§ Task directions: Lines from the beginning of the data below through the one containing "fanout_binds : (Fanout.bind_queue" are to be printed exactly as they appear.

Dataset entries
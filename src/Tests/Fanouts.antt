-- ===== src/Tests/Fanouts.antt =====
-- A binding of a queue to a fanout exchange, at a store in memory.
use go_redis_smq.Prelude.{◌≡◌, refl, true, false, [], ◌∷◌, ok}
use go_redis_smq.Prelude.Text.{codes, text_eq}
use go_redis_smq.Prelude.Decimal.{itoa, atoi}
use go_redis_smq.Keys.{is_letter, is_valid_key_char, key, join_parts}
use go_redis_smq.Redis.Memory.{Store, memory, members, member, has_key, find_field, add_member}
use go_redis_smq.Redis.Transaction.{written, committed}
use go_redis_smq.Exchange.Params.{Params, type_fanout}
use go_redis_smq.Exchange.Store.{
  validate_queue_binding, load_queue_type, check_binding, load, validate_type,
}
use go_redis_smq.Exchange.Fanout
use go_redis_smq.Exchange.Fanout.Laws.{Switched, bind_queue-Switched}
use go_redis_smq.Tests.Samples.{sample_json, orders, shop}

abbrev fanout_exchange : Params
fanout_exchange = record { at = record { ns = codes "shop"; name = codes "f" }; typ = type_fanout }

abbrev bound : Store
bound = (Fanout.bind_queue memory sample_json orders fanout_exchange [] shop).0

abbrev unbound : Store
unbound = (Fanout.unbind_queue memory sample_json orders fanout_exchange [] bound).0

fanout_binds : (Fanout.bind_queue memory sample_json orders fanout_exchange [] shop).1 ≡ committed
unfolding Fanout.bind_queue text_eq Fanout.bind_tx validate_queue_binding load_queue_type has_key
    key join_parts check_binding load member
fanout_binds = refl

fanout_unbinds :
    (Fanout.unbind_queue memory sample_json orders fanout_exchange [] bound).1 ≡ committed
unfolding Fanout.bind_queue Fanout.unbind_queue text_eq Fanout.bind_tx Fanout.unbind_tx
    validate_queue_binding load_queue_type has_key key join_parts check_binding load member
    validate_type find_field add_member Fanout.bind_writes itoa atoi
fanout_unbinds = refl

-- The exchange sends to the queue.
fanout_finds : Fanout.match_queues memory sample_json fanout_exchange bound ≡ ok (orders ∷ [])
unfolding Fanout.match_queues Fanout.bind_queue text_eq Fanout.bind_tx validate_queue_binding
    load_queue_type has_key key join_parts check_binding load member validate_type find_field
    add_member Fanout.bind_writes itoa atoi members
fanout_finds = refl

bind_queue-Switched_example :
    (codes "shop" ≡ codes "shop")
    × Switched memory sample_json true false orders fanout_exchange shop bound
unfolding is_letter is_valid_key_char written
bind_queue-Switched_example =
    bind_queue-Switched memory sample_json orders fanout_exchange [] shop
      ((refl, refl), (refl, refl)) ((refl, refl), (refl, refl)) tt fanout_binds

§ Solution below:
filename src/Tests/Fanouts.antt
-- ===== src/Tests/Fanouts.antt =====
-- A binding of a queue to a fanout exchange, at a store in memory.
use go_redis_smq.Prelude.{◌≡◌, refl, true, false, [], ◌∷◌, ok}
use go_redis_smq.Prelude.Text.{codes, text_eq}
use go_redis_smq.Prelude.Decimal.{itoa, atoi}
use go_redis_smq.Keys.{is_letter, is_valid_key_char, key, join_parts}
use go_redis_smq.Redis.Memory.{Store, memory, members, member, has_key, find_field, add_member}
use go_redis_smq.Redis.Transaction.{written, committed}
use go_redis_smq.Exchange.Params.{Params, type_fanout}
use go_redis_smq.Exchange.Store.{
  validate_queue_binding, load_queue_type, check_binding, load, validate_type,
}
use go_redis_smq.Exchange.Fanout
use go_redis_smq.Exchange.Fanout.Laws.{Switched, bind_queue-Switched}
use go_redis_smq.Tests.Samples.{sample_json, orders, shop}

abbrev fanout_exchange : Params
fanout_exchange = record { at = record { ns = codes "shop"; name = codes "f" }; typ = type_fanout }

abbrev bound : Store
bound = (Fanout.bind_queue memory sample_json orders fanout_exchange [] shop).0

abbrev unbound : Store
unbound = (Fanout.unbind_queue memory sample_json orders fanout_exchange [] bound).0

fanout_binds : (Fanout.bind_queue memory sample_json orders fanout_exchange [] shop).1 ≡ committed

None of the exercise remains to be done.